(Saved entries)
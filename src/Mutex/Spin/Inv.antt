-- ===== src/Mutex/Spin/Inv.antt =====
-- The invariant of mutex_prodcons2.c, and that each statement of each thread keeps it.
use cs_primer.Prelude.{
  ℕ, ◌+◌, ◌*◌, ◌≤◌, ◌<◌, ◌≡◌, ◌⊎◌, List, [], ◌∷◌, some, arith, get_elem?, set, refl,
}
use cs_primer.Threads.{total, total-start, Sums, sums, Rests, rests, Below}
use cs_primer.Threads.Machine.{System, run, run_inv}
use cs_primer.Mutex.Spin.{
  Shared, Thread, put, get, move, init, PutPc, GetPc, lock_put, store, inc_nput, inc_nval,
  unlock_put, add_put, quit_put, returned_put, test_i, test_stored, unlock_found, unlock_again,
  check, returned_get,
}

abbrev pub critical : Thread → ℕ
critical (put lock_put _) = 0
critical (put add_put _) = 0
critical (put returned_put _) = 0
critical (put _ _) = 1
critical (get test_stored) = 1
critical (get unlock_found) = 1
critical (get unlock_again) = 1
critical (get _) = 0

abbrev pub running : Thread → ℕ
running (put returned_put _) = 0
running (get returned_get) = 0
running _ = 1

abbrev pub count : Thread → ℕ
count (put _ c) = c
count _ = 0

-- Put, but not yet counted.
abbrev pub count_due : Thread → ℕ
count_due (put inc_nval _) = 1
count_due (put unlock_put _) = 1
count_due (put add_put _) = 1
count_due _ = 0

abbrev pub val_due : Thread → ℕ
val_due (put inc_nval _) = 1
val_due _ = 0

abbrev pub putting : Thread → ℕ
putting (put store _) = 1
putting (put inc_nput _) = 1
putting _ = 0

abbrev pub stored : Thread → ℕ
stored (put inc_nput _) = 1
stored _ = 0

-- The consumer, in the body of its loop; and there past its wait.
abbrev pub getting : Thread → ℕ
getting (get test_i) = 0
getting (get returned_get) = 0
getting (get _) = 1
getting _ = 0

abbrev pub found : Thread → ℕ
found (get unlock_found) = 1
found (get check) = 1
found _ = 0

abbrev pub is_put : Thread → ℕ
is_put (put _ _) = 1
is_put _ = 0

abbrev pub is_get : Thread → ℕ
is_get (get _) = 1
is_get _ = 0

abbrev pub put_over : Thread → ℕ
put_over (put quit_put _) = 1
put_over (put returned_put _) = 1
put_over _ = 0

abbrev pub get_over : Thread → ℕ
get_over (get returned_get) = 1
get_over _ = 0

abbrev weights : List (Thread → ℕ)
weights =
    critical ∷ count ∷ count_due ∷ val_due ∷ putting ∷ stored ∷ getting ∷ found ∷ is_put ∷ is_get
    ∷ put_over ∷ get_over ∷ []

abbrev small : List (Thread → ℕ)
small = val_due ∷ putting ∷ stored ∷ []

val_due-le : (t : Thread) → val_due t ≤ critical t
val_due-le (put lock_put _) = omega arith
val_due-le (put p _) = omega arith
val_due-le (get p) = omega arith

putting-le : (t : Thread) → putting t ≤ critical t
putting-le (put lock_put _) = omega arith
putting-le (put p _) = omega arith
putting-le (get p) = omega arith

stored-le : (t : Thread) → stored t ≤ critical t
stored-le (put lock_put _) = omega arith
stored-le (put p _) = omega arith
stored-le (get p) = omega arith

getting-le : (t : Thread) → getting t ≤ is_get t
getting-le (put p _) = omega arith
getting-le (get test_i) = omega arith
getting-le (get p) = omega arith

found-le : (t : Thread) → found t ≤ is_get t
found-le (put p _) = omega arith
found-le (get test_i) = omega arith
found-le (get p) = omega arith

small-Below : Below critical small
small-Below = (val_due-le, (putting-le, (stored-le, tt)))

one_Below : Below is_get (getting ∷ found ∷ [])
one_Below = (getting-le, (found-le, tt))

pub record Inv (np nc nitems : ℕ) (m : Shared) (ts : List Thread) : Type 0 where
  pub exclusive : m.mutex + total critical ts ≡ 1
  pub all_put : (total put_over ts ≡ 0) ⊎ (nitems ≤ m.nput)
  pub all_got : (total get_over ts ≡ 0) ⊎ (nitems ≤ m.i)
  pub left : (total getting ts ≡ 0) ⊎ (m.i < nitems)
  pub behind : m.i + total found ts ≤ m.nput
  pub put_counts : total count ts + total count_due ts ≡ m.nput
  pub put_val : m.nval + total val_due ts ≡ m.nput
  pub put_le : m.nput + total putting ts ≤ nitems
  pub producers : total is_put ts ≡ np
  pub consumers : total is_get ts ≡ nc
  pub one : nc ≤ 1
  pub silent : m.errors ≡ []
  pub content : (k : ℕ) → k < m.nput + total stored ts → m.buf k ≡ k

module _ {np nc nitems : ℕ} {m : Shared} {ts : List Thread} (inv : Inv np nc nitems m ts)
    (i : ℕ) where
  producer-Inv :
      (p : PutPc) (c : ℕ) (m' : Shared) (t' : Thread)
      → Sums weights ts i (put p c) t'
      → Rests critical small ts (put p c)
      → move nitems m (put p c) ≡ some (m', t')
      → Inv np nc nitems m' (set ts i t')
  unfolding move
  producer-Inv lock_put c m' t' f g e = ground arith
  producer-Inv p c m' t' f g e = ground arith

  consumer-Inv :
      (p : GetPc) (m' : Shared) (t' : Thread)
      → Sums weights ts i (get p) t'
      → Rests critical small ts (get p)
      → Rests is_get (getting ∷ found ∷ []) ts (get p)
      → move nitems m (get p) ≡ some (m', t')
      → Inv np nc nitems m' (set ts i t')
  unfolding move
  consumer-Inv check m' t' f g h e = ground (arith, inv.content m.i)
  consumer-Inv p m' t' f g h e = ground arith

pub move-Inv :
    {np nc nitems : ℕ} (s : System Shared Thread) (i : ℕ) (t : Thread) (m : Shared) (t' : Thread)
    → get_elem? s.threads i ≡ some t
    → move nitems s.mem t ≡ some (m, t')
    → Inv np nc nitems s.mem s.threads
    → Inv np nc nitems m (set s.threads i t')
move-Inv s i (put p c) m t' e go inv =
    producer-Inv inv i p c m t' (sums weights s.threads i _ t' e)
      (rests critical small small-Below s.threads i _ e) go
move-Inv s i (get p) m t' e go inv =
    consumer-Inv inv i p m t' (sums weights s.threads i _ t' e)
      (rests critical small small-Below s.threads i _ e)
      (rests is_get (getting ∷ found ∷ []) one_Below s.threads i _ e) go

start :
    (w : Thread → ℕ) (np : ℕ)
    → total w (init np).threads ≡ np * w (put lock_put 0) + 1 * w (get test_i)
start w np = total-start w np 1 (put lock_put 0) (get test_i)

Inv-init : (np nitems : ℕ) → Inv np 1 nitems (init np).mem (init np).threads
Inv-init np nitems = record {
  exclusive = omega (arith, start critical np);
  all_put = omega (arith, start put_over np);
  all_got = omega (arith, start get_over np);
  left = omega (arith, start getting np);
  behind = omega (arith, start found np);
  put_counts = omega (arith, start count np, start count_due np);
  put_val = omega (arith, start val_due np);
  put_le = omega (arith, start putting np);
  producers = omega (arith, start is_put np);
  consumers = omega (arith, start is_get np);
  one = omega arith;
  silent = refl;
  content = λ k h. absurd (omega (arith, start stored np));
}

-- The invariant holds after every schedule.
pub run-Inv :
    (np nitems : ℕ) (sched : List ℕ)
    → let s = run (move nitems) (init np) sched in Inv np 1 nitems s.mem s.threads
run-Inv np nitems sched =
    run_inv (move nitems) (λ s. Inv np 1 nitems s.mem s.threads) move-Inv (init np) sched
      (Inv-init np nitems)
* * *
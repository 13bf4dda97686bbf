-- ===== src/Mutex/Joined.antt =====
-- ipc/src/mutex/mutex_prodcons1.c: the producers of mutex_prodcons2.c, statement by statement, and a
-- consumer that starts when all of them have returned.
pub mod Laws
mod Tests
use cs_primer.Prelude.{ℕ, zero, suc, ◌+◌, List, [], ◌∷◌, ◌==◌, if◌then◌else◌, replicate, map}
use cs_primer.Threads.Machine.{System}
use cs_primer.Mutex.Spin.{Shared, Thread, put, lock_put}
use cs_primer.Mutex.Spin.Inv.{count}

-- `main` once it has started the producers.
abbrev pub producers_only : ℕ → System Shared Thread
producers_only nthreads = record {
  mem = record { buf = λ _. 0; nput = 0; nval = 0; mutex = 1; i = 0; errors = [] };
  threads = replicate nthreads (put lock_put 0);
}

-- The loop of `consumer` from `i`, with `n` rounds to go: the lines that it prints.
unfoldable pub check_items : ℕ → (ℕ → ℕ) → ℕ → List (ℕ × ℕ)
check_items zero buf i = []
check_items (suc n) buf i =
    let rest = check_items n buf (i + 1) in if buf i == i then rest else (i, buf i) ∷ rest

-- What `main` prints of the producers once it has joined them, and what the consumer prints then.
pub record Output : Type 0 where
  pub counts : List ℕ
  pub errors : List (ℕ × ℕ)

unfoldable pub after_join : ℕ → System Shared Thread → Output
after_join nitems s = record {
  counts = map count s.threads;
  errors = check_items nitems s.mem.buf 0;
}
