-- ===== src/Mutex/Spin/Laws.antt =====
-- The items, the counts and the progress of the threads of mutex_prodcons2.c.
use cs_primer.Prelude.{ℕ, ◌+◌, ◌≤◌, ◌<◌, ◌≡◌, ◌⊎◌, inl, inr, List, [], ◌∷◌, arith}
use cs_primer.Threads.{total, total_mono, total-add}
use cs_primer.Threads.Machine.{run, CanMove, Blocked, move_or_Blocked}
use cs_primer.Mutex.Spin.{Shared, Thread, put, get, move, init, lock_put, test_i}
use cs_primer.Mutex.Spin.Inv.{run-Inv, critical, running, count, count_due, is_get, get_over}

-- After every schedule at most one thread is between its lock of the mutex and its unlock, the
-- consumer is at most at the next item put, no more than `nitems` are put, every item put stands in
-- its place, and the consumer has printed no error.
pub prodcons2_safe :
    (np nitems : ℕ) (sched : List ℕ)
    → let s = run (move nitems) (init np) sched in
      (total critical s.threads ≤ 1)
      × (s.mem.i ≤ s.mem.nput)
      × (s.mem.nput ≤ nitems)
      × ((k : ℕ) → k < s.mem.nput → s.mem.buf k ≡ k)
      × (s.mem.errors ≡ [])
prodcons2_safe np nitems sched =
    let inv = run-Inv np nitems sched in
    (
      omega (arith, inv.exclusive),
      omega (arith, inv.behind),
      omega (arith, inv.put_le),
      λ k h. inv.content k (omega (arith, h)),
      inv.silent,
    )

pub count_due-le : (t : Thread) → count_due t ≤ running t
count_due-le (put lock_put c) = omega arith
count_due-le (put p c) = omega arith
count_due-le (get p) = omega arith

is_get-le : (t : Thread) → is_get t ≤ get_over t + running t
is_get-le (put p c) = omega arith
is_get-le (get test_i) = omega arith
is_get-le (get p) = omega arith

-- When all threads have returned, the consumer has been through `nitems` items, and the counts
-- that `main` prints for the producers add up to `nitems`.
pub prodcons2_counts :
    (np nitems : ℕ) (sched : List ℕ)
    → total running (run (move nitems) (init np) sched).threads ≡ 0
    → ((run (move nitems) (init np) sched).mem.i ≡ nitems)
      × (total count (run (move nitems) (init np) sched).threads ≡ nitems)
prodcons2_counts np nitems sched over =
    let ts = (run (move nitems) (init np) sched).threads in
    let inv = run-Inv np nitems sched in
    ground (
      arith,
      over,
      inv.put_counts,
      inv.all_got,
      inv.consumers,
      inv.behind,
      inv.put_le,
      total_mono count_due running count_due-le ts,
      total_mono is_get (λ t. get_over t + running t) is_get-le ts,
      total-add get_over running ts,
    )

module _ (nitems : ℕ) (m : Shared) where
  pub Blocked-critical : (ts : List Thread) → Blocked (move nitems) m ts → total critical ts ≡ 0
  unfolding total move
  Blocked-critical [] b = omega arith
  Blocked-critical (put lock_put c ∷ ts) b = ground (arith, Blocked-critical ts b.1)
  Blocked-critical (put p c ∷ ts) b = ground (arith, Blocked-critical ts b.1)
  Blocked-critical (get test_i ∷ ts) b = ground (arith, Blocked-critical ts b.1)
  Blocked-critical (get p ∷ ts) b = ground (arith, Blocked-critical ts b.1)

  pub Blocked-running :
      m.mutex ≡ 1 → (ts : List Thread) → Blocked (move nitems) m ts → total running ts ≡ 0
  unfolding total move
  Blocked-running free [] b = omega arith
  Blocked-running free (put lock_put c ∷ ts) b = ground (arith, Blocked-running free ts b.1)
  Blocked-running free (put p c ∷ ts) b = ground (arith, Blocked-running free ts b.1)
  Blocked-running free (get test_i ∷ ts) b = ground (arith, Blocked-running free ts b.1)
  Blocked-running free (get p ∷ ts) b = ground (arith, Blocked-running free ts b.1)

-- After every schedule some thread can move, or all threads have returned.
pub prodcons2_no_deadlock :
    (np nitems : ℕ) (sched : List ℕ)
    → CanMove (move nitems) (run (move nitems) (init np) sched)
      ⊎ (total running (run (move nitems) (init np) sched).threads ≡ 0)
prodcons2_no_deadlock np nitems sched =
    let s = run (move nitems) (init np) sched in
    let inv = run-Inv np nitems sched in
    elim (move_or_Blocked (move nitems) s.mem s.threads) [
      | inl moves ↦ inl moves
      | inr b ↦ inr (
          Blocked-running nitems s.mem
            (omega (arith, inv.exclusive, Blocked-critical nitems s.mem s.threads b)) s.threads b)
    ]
---
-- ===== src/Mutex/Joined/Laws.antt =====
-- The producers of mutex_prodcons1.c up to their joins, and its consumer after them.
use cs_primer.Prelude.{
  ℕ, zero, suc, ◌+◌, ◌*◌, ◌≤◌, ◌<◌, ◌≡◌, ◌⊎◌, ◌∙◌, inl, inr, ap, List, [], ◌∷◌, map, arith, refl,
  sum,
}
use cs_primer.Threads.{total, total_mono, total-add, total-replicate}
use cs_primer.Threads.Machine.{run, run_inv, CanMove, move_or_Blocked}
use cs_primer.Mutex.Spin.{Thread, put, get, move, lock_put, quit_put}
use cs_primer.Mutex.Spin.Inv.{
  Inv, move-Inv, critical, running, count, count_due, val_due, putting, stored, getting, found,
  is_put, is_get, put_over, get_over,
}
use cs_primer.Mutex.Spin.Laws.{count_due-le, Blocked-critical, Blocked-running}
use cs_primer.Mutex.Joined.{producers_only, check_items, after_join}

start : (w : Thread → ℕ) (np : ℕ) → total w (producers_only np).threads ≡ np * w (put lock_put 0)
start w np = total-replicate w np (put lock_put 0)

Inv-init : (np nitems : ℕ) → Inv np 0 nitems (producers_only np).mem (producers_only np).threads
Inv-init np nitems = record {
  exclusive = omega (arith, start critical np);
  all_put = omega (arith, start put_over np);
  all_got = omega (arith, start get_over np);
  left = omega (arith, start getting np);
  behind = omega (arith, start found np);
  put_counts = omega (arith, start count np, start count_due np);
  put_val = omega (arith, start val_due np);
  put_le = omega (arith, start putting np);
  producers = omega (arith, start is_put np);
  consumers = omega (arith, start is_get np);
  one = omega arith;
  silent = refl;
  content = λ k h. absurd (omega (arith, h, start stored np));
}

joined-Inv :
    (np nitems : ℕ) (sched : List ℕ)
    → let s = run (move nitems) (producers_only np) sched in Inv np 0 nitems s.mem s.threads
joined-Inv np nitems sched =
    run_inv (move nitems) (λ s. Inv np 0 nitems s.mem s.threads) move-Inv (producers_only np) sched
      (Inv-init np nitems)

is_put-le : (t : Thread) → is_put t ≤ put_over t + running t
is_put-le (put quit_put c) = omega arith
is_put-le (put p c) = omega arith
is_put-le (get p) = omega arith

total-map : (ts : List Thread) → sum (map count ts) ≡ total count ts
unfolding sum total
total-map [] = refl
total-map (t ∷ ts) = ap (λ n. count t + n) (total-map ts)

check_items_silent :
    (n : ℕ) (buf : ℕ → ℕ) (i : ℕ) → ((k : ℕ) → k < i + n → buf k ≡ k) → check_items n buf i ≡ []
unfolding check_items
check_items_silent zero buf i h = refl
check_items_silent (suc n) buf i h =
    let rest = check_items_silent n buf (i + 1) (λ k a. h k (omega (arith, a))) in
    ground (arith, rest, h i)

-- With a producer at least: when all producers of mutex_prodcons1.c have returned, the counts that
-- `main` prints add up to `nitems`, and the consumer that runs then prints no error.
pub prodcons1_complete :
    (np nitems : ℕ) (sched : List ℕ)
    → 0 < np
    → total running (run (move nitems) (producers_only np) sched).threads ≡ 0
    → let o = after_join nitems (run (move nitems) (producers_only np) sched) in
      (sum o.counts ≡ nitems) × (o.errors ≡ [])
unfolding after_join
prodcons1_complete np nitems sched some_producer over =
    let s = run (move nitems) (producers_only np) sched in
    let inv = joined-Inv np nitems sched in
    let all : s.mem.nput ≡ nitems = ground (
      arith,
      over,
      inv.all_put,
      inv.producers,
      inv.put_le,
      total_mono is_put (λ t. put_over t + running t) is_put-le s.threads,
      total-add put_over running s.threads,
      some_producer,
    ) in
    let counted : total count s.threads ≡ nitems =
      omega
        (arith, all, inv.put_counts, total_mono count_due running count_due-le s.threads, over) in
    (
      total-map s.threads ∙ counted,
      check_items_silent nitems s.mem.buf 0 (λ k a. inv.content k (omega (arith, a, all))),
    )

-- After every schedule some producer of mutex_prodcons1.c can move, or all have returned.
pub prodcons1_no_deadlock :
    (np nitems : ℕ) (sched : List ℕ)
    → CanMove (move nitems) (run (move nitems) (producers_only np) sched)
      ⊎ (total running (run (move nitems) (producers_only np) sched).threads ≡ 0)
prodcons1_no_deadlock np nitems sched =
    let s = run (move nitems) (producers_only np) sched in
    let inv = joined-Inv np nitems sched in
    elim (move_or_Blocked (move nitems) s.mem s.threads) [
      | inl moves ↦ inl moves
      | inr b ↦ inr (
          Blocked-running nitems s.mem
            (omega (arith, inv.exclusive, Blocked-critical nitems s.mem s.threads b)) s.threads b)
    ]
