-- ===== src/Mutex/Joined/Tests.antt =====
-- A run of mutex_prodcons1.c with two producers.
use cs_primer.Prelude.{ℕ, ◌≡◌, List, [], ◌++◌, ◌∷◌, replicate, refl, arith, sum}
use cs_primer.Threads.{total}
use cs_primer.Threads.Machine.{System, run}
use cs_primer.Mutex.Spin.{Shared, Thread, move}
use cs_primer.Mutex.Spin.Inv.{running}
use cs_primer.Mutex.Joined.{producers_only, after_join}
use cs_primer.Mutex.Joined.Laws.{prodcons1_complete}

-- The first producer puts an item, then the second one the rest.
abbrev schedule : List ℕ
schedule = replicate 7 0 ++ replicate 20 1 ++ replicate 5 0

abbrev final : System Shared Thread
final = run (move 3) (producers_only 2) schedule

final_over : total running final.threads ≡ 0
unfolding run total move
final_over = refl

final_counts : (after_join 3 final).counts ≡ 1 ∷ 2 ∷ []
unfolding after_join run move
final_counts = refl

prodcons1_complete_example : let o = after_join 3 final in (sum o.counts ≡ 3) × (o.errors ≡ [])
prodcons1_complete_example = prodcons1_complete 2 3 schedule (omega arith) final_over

▶ _Aim of the exercise_:
If the string "consumers" appears in a line of the entries, report the line.

▶ _Answer section_:
  pub consumers : total is_get ts ≡ nc
  consumers = omega (arith, start is_get np);
      inv.consumers,
  consumers = omega (arith, start is_get np);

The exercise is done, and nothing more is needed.